© JUNGE FREIHEIT Verlag GmbH & Co. www.jungefreiheit.de 18/07 27. April 2007

Frisch gepresst

Helmuth Plessner. Augenblicklich wimmelt der Laufsteg von "intellektuellen Gründern", die die zweite deutsche Republik aus der Taufe gehoben haben sollen. Ursprünglich war diese Rolle ja einmal "den Frankfurtern" zugedacht, aber dieser Ruhmestitel der Remigranten Horkheimer und Adorno scheint in den letzten Jahren rasant zu verblassen.

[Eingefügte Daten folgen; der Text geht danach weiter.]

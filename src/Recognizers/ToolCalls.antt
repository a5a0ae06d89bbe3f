-- ===== src/Recognizers/ToolCalls.antt =====
-- recognizers/mcp.go: what the MCP recognizer takes for a tool call, and what it says of it.
use casdoor_aiguard.Common.Text.{Str, ◌==◌, codes, has_infix, eq_iff}
use casdoor_aiguard.Common.{
  true, false, not, ◌||◌, Option, none, some, [], ◌≡◌, ◌≢◌, refl, arith, ◌⊎◌, inl, inr, Bool-cases,
  Option-cases, ◌∙◌, sym, ap, subst,
}
use casdoor_aiguard.Float.{Float64, float_zero}
use casdoor_aiguard.Http.{Request, method_post}
use casdoor_aiguard.Intent.{Intent}
use casdoor_aiguard.Json.{Fields, Json, array, boolean, get_field, null, number, object, string}
use casdoor_aiguard.Recognizers.Mcp.{
  JsonRpcRequest, McpToolCallParams, amount_keys, bare_intent, decode_params, decode_rpc,
  enrich_with_payment_fields, enrich_amount, enrich_currency, enrich_recipient, is_json_post,
  mcp_intent, number_field, number_of, recognize_mcp,
}

-- What stands under a key is no number.
abbrev pub NoNumber : Fields → Str → Type 0
NoNumber m key = (n : Float64) → get_field key m ≢ some (number n)

-- The amount of a call by its arguments: the first number among three of them.
pub data Amount (m : Fields) : Option Float64 → Type 0 where
  by_amount : {n : Float64} → get_field (codes "amount") m ≡ some (number n) → Amount m (some n)
  by_value :
      {n : Float64}
      → NoNumber m (codes "amount")
      → get_field (codes "value") m ≡ some (number n)
      → Amount m (some n)
  by_total :
      {n : Float64}
      → NoNumber m (codes "amount")
      → NoNumber m (codes "value")
      → get_field (codes "total") m ≡ some (number n)
      → Amount m (some n)
  no_amount :
      NoNumber m (codes "amount")
      → NoNumber m (codes "value")
      → NoNumber m (codes "total")
      → Amount m none

number_of-some : (o : Option Json) {n : Float64} → number_of o ≡ some n → o ≡ some (number n)
unfolding number_of
number_of-some (some (number m)) e = cc
number_of-some (some null) e = cc
number_of-some (some (boolean b)) e = cc
number_of-some (some (string s)) e = cc
number_of-some (some (array xs)) e = cc
number_of-some (some (object fs)) e = cc
number_of-some none e = cc

number_of-NoNumber : (m : Fields) (key : Str) → number_of (get_field key m) ≡ none → NoNumber m key
number_of-NoNumber m key e n q = cc (e, ap number_of q, number_of_number n)
  where
    number_of_number : (n : Float64) → number_of (some (number n)) ≡ some n
    number_of_number n = unfold number_of in refl

number_field-Amount : (m : Fields) → Amount m (number_field m amount_keys)
unfolding number_field
number_field-Amount m = elim (Option-cases (number_of (get_field (codes "amount") m))) [
  | inr (n, e) ↦ rw (e, number_field) (by_amount (number_of-some _ e))
  | inl a ↦
      let no_a = number_of-NoNumber m (codes "amount") a in
      elim (Option-cases (number_of (get_field (codes "value") m))) [
        | inr (n, e) ↦ rw (a, e, number_field) (by_value no_a (number_of-some _ e))
        | inl b ↦
            let no_b = number_of-NoNumber m (codes "value") b in
            elim (Option-cases (number_of (get_field (codes "total") m))) [
              | inr (n, e) ↦ rw (a, b, e, number_field) (by_total no_a no_b (number_of-some _ e))
              | inl c ↦
                  rw (a, b, c, number_field)
                    (no_amount no_a no_b (number_of-NoNumber m (codes "total") c))
            ]
      ]
]

module _ (unmarshal : Str → Option Json) (req : Request) (body : Str) where
  -- A request that carries a tool call.
  pub record IsToolCall (rpc : JsonRpcRequest) (params : McpToolCallParams) : Type 0 where
    pub post : req.method ≡ method_post
    pub json : (req.content_type ≡ []) ⊎ (has_infix (codes "json") req.content_type ≡ true)
    pub envelope : decode_rpc (unmarshal body) ≡ some rpc
    pub version : rpc.json_rpc ≡ codes "2.0"
    pub method : rpc.method ≡ codes "tools/call"
    pub decoded : decode_params rpc.params ≡ some params
    pub named : params.name ≢ []

  -- An intent that says what the call is: its tool, its arguments, and whether it is a payment.
  pub record Says (params : McpToolCallParams) (intent : Intent) : Type 0 where
    pub tool_name : intent.tool_name ≡ params.name
    pub action : intent.action ≡ codes "tools/call"
    pub raw : intent.raw ≡ params.arguments
    pub payment :
        ((intent.category ≡ codes "payment") × Amount params.arguments (some intent.amount))
        ⊎ ((intent.category ≡ codes "mcp.tool_call")
            × (intent.amount ≡ float_zero)
            × Amount params.arguments none)

  -- What the recognizer answers.
  pub data Answers : Option Intent → Type 0 where
    call :
        (rpc : JsonRpcRequest) (params : McpToolCallParams) (intent : Intent)
        → IsToolCall rpc params
        → Says params intent
        → Answers (some intent)
    no_call :
        ((rpc : JsonRpcRequest) (params : McpToolCallParams) → ¬ IsToolCall rpc params)
        → Answers none

  enrich_currency-Says :
      (c : Option Str) (params : McpToolCallParams) (i : Intent)
      → Says params i
      → Says params (enrich_currency c i)
  unfolding enrich_currency
  enrich_currency-Says none params i h = h
  enrich_currency-Says (some c) params i h = record {
    tool_name = h.tool_name;
    action = h.action;
    raw = h.raw;
    payment = h.payment;
  }

  enrich_recipient-Says :
      (r : Option Str) (params : McpToolCallParams) (i : Intent)
      → Says params i
      → Says params (enrich_recipient r i)
  unfolding enrich_recipient
  enrich_recipient-Says none params i h = h
  enrich_recipient-Says (some r) params i h = record {
    tool_name = h.tool_name;
    action = h.action;
    raw = h.raw;
    payment = h.payment;
  }

  abbrev called : McpToolCallParams → Str → Intent
  called params method = record (bare_intent (codes "mcp.tool_call") method) {
    tool_name = params.name;
    raw = params.arguments;
  }

  enrich_amount-Says :
      (a : Option Float64) (params : McpToolCallParams) (method : Str)
      → method ≡ codes "tools/call"
      → Amount params.arguments a
      → Says params (enrich_amount a (called params method))
  unfolding enrich_amount
  enrich_amount-Says none params method m e = record {
    tool_name = refl;
    action = m;
    raw = refl;
    payment = inr (refl, refl, e);
  }
  enrich_amount-Says (some a) params method m e = record {
    tool_name = refl;
    action = m;
    raw = refl;
    payment = inl (refl, e);
  }

  enrich-Says :
      (params : McpToolCallParams) (method : Str)
      → method ≡ codes "tools/call"
      → Says params (enrich_with_payment_fields (called params method) params.arguments)
  unfolding enrich_with_payment_fields
  enrich-Says params method m = enrich_currency-Says _ params _ (
      enrich_recipient-Says _ params _
        (enrich_amount-Says _ params method m (number_field-Amount params.arguments)))

  is_json_post_guards :
      is_json_post req ≡ true
      → (req.method ≡ method_post)
        × ((req.content_type ≡ []) ⊎ (has_infix (codes "json") req.content_type ≡ true))
  unfolding is_json_post
  is_json_post_guards h =
      (ground (arith, eq_iff req.method method_post), ground (arith, eq_iff req.content_type []))

  not_json_post :
      is_json_post req ≡ false
      → (rpc : JsonRpcRequest) (params : McpToolCallParams) → ¬ IsToolCall rpc params
  unfolding is_json_post
  not_json_post h rpc params c =
      ground (arith, eq_iff req.method method_post, eq_iff req.content_type [], c.post, c.json, h)

  some_same : {A : Type 0} {a b : A} → some a ≡ some b → a ≡ b
  some_same e = cc

  of_envelope :
      (rpc rpc' : JsonRpcRequest) (params : McpToolCallParams)
      → decode_rpc (unmarshal body) ≡ some rpc
      → IsToolCall rpc' params
      → IsToolCall rpc params
  of_envelope rpc rpc' params n c =
      subst (λ r. IsToolCall r params) (some_same (sym c.envelope ∙ n)) c

  wrong_version :
      (rpc : JsonRpcRequest)
      → decode_rpc (unmarshal body) ≡ some rpc
      → (not (rpc.json_rpc == codes "2.0") || not (rpc.method == codes "tools/call")) ≡ true
      → (rpc' : JsonRpcRequest) (params : McpToolCallParams) → ¬ IsToolCall rpc' params
  wrong_version rpc n v rpc' params c =
      let d = of_envelope rpc rpc' params n c in
      ground (
        arith,
        eq_iff rpc.json_rpc (codes "2.0"),
        eq_iff rpc.method (codes "tools/call"),
        d.version,
        d.method,
        v,
      )

  no_params :
      (rpc : JsonRpcRequest)
      → decode_rpc (unmarshal body) ≡ some rpc
      → decode_params rpc.params ≡ none
      → (rpc' : JsonRpcRequest) (params : McpToolCallParams) → ¬ IsToolCall rpc' params
  no_params rpc n d rpc' params c = let q = of_envelope rpc rpc' params n c in cc (d, q.decoded)

  no_name :
      (rpc : JsonRpcRequest) (params : McpToolCallParams)
      → decode_rpc (unmarshal body) ≡ some rpc
      → decode_params rpc.params ≡ some params
      → (params.name == []) ≡ true
      → (rpc' : JsonRpcRequest) (params' : McpToolCallParams) → ¬ IsToolCall rpc' params'
  no_name rpc params n d z rpc' params' c =
      let q = of_envelope rpc rpc' params' n c in
      q.named
        (ap McpToolCallParams.name (some_same (sym q.decoded ∙ d)) ∙ (eq_iff params.name []).0 z)

  -- The MCP recognizer recognizes a request exactly if it is a POST whose content type is JSON or
  -- missing and whose body is a JSON-RPC 2.0 request tools/call with a tool's name. The intent names
  -- the tool and keeps the arguments; it is a payment of the first number among the arguments amount,
  -- value and total, and an ordinary tool call with no amount if none of these is a number.
  pub recognize_mcp-Answers : (host : Str) → Answers (recognize_mcp unmarshal host req body)
  unfolding mcp_intent recognize_mcp
  recognize_mcp-Answers host = elim (Bool-cases (is_json_post req)) [
    | inr e ↦ rw (e, recognize_mcp) (no_call (not_json_post e))
    | inl e ↦ elim (Option-cases (decode_rpc (unmarshal body))) [
      | inl n ↦ rw (e, n, recognize_mcp) (no_call (λ rpc params c. cc (n, c.envelope)))
      | inr (rpc, n) ↦
          elim (Bool-cases
            (not (rpc.json_rpc == codes "2.0") || not (rpc.method == codes "tools/call"))) [
              | inl v ↦ rw (e, n, v, recognize_mcp) (no_call (wrong_version rpc n v))
              | inr v ↦ elim (Option-cases (decode_params rpc.params)) [
                | inl d ↦ rw (e, n, v, d, recognize_mcp) (no_call (no_params rpc n d))
                | inr (params, d) ↦ elim (Bool-cases (params.name == [])) [
                  | inl z ↦ rw (e, n, v, d, z, recognize_mcp) (no_call (no_name rpc params n d z))
                  | inr z ↦ rw (e, n, v, d, z, recognize_mcp) (accepted rpc params e n v d z)
                ]
              ]
            ]
    ]
  ]
    where
      accepted :
          (rpc : JsonRpcRequest) (params : McpToolCallParams)
          → is_json_post req ≡ true
          → decode_rpc (unmarshal body) ≡ some rpc
          → (not (rpc.json_rpc == codes "2.0") || not (rpc.method == codes "tools/call")) ≡ false
          → decode_params rpc.params ≡ some params
          → (params.name == []) ≡ false
          → Answers (some (enrich_with_payment_fields (called params rpc.method) params.arguments))
      accepted rpc params e n v d z =
          let m : rpc.method ≡ codes "tools/call" =
            ground (arith, eq_iff rpc.method (codes "tools/call"), v) in
          call rpc params (enrich_with_payment_fields (called params rpc.method) params.arguments)
            (record {
              post = (is_json_post_guards e).0;
              json = (is_json_post_guards e).1;
              envelope = n;
              version = ground (arith, eq_iff rpc.json_rpc (codes "2.0"), v);
              method = m;
              decoded = d;
              named = λ q. ground (arith, eq_iff params.name [], z, q);
            })
            (enrich-Says params rpc.method m)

Mit der "Ritter-Schule" hat Jens Hacke vor kurzem "liberal-konservative" Gründergeister präsentiert (JF 12/07), und nun bietet Cornelia Dietze den Göttinger Sozialphilosophen Helmuth Plessner als den akademischen Adenauer des Bonner Teilstaats an (Nachgeholtes Leben. Helmuth Plessner 1892-1985. Wallstein Verlag, Göttingen 2006, gebunden, 622 Seiten, Abbildungen, 45 Euro). Aber anders als Joachim Ritter, der erst dank eines Hermann Lübbe als Schallverstärker seiner Ideen reüssierte, anders als Arnold Gehlen, aus dessen Aphorismen Helmut Schelsky dicke Bücher formte, wirkte Plessner nicht nur mit seinem Konstrukt der "verspäteten Nation" aus eigener Kraft - ungeachtet seines Schülers, des Reklamegenies Christian Graf von Krockow, der dreißig Jahre von Plessners Einfällen zehrte. In erfreulichem Gegensatz zum sperrigen Hacke bringt uns Cornelia Dietze in ihrer "vollständig auf Archivquellen" basierenden Göttinger Dissertation Werk und Biographie Plessners, der nach 1939 im holländischen Untergrund überlebte, erzählerisch in einer Weise näher, die wahrhaft preiswürdig ist. Der ihr darob 2006 verliehene Hedwig-Hintze-Preis des Verbandes der Historikerinnen und Historiker Deutschlands freilich erscheint - blickt man auf das arg lederne Schrifttum der Namensgeberin - ihrer so ungemein eleganten und spannenden Darstellung nicht ganz adäquat.

Max Goldt. Everybody's darling is everybody's depp. Dieser Satz schießt einem in den Kopf, wenn man die - unabhängig von weltanschaulicher oder politischer Präferenz - fast einhellige Verehrung der Lebensbeobachtungen Max Goldts verfolgt. Wahrlich ist der Hymne Daniel Kehlmanns, daß seine Texte "wahre Wunder an Eleganz und Poesie enthalten", nicht unbedingt zu widersprechen. Das jüngste Werk, sich wieder aus Titanic-Kolumnen speisend, besticht dann in der Tat durch Goldts gewohnt detailverliebtes Schauen und Schildern des alltäglichen Halbwahns. Dennoch reicht seine "quiet quality"-Mischung nicht an ältere Essayschatzkästchen heran (QQ. Rowohlt Verlag, Berlin 2007, gebunden, 156 Seiten, 17,90 Euro).